Ask HN: Review my startup - gilmanyu

Hey guys. A friend and I are building a small web app and we would love to get some feedback. Are we providing enough value for the users? Is there enough information on the homepage for people to sign up?<p>Here's the page, would enjoy your feedback! http://flexdayapp.com<p>Regards from Gilman
======
canibanoglu
I think the idea is a good one but having never worked in a company before
(still in school), I can't say if companies need something like this. Even if
they do, how does your product differentiate itself from the solutions already
in use by these companies? A side by side comparison could be a good idea
here.

As attheodo said, I think screenshots are a must. It lets your potential
customers see what they're going to get.

The website could use a little bit more work. I'm not a designer by any
stretch by personally speaking, I like information grouped up based on
context. What do I mean by that? The main body of the page is about what your
application does but there's a big arrow that points to pricing and plans
which is in the main body as well. I would consider adding a navigation bar
and place pricing and plans there along with some other links.

Speaking of other links, consider adding an about page which lets your
potential customers know who they're dealing with.

You could consider giving out beta access or free access for a limited amount
of time so you can see how your potential customers use your application and
get valuable feedback from them. This will also help you build up a user base
which can turn into customers when the app launches for real.

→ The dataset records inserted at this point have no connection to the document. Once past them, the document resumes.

-- ===== src/Mkcp/Window/Messages.antt =====
-- A message through `send` and `recv`.
use Prim.Native.Nat.{min, bit_or}
use native.Mathlib.Nat.{div-add-mod, mul_comm, mod-lt, mul-le-mul_right}
use v2ray.Prelude.{
  ℕ, zero, suc, ◌+◌, ◌*◌, ◌/◌, ◌%◌, ◌^◌, ◌≤◌, ◌<◌, ◌≡◌, refl, arith, false, List, [], ◌∷◌, ◌++◌,
  length, length-take, length-drop, drop, drop-append, ◌∙◌, inl, inr, ap, append-nil, ◌&&◌,
  Bool-cases, ltb→lt, ltb→le, le→ltb, ltb, leb, ◌==◌, if◌then◌else◌,
}
use v2ray.Common.Result.Access.{split_at}
use v2ray.Common.Result.{ok}
use v2ray.Mkcp.Segment.{Segment}
use v2ray.Mkcp.Kcp.{Kcp, u32, signed_less}
use v2ray.Mkcp.Window.{
  move_rcv_buf, peek, fragments, recv_loop, recv, recv_message, send, div_ceil, peeksize, total,
}
use v2ray.Mkcp.Window.Fragments.{fragments_last, nonzero, done, recv-fragments}

-- How many fragments there are, less one.
abbrev pub Fragments : ℕ → ℕ → ℕ → Type 0
Fragments len mss n = (n * mss < len) × (len ≤ suc n * mss) × (n < 255)

ceil_parts :
    (q m r len : ℕ)
    → q * suc m + r ≡ len + m
    → r < suc m
    → 0 < len
    → len ≤ 255 * suc m
    → (n : ℕ) × (q ≡ suc n) × Fragments len (suc m) n
ceil_parts zero m r len e h k l = absurd (omega arith)
ceil_parts (suc n) m r len e h k l = elim (Bool-cases (ltb n 255)) [
  | inl few ↦ (n, refl, (omega arith, omega arith, ltb→lt n 255 few))
  | inr many ↦ absurd (omega (arith, mul-le-mul_right (suc m) (ltb→le n 255 many)))
]

div_ceil-lem :
    (len mss : ℕ)
    → 0 < len
    → 0 < mss
    → len ≤ 255 * mss
    → (n : ℕ) × (div_ceil len mss ≡ ok (suc n)) × Fragments len mss n
unfolding div_ceil
div_ceil-lem len zero h k l = elim k [ ]
div_ceil-lem len (suc m) h k l =
    let (n, e, parts) =
      ceil_parts ((len + m) / suc m) m ((len + m) % suc m) len
        (ap (λ (t : ℕ). t + (len + m) % suc m) (mul_comm ((len + m) / suc m) (suc m))
          ∙ div-add-mod (len + m) (suc m))
        (mod-lt (len + m) k) h l in
    (n, ap ok e, parts)

pub total-fragments :
    (conv mss n : ℕ) (xs : List ℕ)
    → length xs ≤ n * mss
    → (length (fragments conv mss n xs) ≡ n) × (total (fragments conv mss n xs) ≡ length xs)
unfolding fragments total
total-fragments conv mss zero xs h = (refl, omega arith)
total-fragments conv mss (suc n) xs h =
    let size : ℕ = min (length xs) mss in
    let (count, sum) =
      total-fragments conv mss n (drop size xs) (omega (arith, length-drop size xs)) in
    (omega arith, omega (arith, length-take size xs, length-drop size xs))

pub peek_many :
    (s : Segment) (q : List Segment)
    → (s.frg == 0) ≡ false
    → ltb (length (s ∷ q)) ((s.frg + 1) % 256) ≡ false
    → peek (s ∷ q) ≡ u32 (total (s ∷ q))
unfolding peek
peek_many s q e h = rw (e, h)

peek-fragments :
    (conv mss n : ℕ) (xs : List ℕ)
    → Fragments (length xs) mss n
    → length xs < 2 ^ 31
    → peek (fragments conv mss (suc n) xs) ≡ length xs
peek-fragments conv mss zero xs (lo, hi, few) small =
    rw (fragments_last conv mss xs (omega arith)) (unfold peek in omega arith)
peek-fragments conv mss (suc n) xs (lo, hi, few) small =
    let (count, sum) = total-fragments conv mss (suc (suc n)) xs hi in
    let low : suc n % 256 ≡ suc n = omega arith in
    unfold fragments in
    peek_many _ _ (nonzero n (omega arith)) (le→ltb _ _ (rw low (omega (arith, count))))
    ∙ omega (arith, sum)

signed_less_lem : (a b : ℕ) → a < 2 ^ 31 → b ≤ a → signed_less a b ≡ false
signed_less_lem a b h k = ground arith

-- A queue that is emptied into the buffer.
recv_message_lem :
    (k : Kcp) (buf out : List ℕ) (n : ℕ)
    → recv_loop k.rcv_queue buf 0 ≡ ok ([], out, n)
    → (r : Kcp) × (recv_message k buf ≡ ok (r, out, u32 n))
unfolding recv_message
recv_message_lem k buf out n e =
    let r = move_rcv_buf (record k { rcv_queue = [] }) in
    let probe =
      if leb k.rcv_wnd (length k.rcv_queue) && ltb (length r.rcv_queue) r.rcv_wnd
      then bit_or r.probe 2
      else r.probe in
    (record r { probe = probe }, rw e refl)

recv_lem :
    (k : Kcp) (buf out : List ℕ) (n : ℕ)
    → (length k.rcv_queue == 0) ≡ false
    → peek k.rcv_queue ≡ n
    → n ≤ length buf
    → length buf < 2 ^ 31
    → recv_loop k.rcv_queue buf 0 ≡ ok ([], out, n)
    → (r : Kcp) × (recv k buf ≡ ok (r, out, n))
unfolding recv peeksize
recv_lem k buf out n c e fits room m =
    let (r, all) = recv_message_lem k buf out n m in
    let small : n % 2 ^ 32 ≡ n = omega arith in
    let whole : length buf % 2 ^ 32 ≡ length buf = omega arith in
    (
      r,
      rw
          (
            c,
            e,
            signed_less_lem n 0 (omega arith) (omega arith),
            whole,
            signed_less_lem (length buf) n room fits,
          )
          (all ∙ ap (λ (t : ℕ). ok (r, out, t)) small),
    )

pub fragments_some :
    (conv mss n : ℕ) (xs : List ℕ) → (length (fragments conv mss (suc n) xs) == 0) ≡ false
unfolding fragments
fragments_some conv mss n xs = ground arith

lt→leb : (a b : ℕ) → b < a → leb a b ≡ false
lt→leb a b h = ground arith

-- `recv_loop` on a whole message, into a buffer that has room for it.
whole_loop :
    (conv mss n : ℕ) (xs buf : List ℕ)
    → Fragments (length xs) mss n
    → length xs ≤ length buf
    → recv_loop (fragments conv mss (suc n) xs) buf 0
      ≡ ok ([], xs ++ drop (length xs) buf, length xs)
whole_loop conv mss n xs buf (lo, hi, few) fits = elim (split_at (length xs) buf) [
  | inl short ↦ absurd (omega arith)
  | inr (hole, rest, h, e) ↦
      rw (e, drop-append (length xs) hole rest h, ← append-nil (fragments conv mss (suc n) xs))
        (recv-fragments conv mss n xs [] hole rest [] lo hi (omega arith) h
          ∙ ap (done [] (xs ++ rest)) (omega arith))
]

-- With a positive fragment size, a message of at least one byte and at most 255 full fragments is
-- queued for sending as fragments; from a queue that holds just these fragments, `recv` into a
-- buffer of fewer than 2^31 bytes that has room for the message writes it to the front of the
-- buffer, leaves the end of the buffer, and returns the length of the message.
pub recv-send :
    (k r : Kcp) (b : ℕ) (bs buf : List ℕ)
    → 0 < k.mss
    → length (b ∷ bs) ≤ 255 * k.mss
    → length (b ∷ bs) ≤ length buf
    → length buf < 2 ^ 31
    → (fs : List Segment) × (send k (b ∷ bs) ≡ ok (record k { snd_queue = k.snd_queue ++ fs }, 0))
      × (r' : Kcp) × (recv (record r { rcv_queue = fs }) buf
          ≡ ok (r', (b ∷ bs) ++ drop (length (b ∷ bs)) buf, length (b ∷ bs)))
unfolding send
recv-send k r b bs buf h small fits room =
    let xs = b ∷ bs in
    let (n, count, (lo, hi, few)) = div_ceil-lem (length xs) k.mss (omega arith) h small in
    let fs = fragments k.conv k.mss (suc n) xs in
    let rest = drop (length xs) buf in
    let (r', all) =
      recv_lem (record r { rcv_queue = fs }) buf (xs ++ rest) (length xs)
        (fragments_some k.conv k.mss n xs)
        (peek-fragments k.conv k.mss n xs (lo, hi, few) (omega arith)) fits room
        (whole_loop k.conv k.mss n xs buf (lo, hi, few) fits) in
    (fs, rw (count, lt→leb 256 (suc n) (omega arith)) refl, r', all)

And while this may be a small issue or perhaps one that is strictly related to
my browser (Safari), the header "Track employees with..." seems to be farther
left than the line above Copyright stuff. For some reason this really disturbs
me, I instinctively expect them to be lined up. If this was intended please
ignore this.

Speaking of the copyright footer, there's a funny character before (c).

Hope this helps and good luck with your application :)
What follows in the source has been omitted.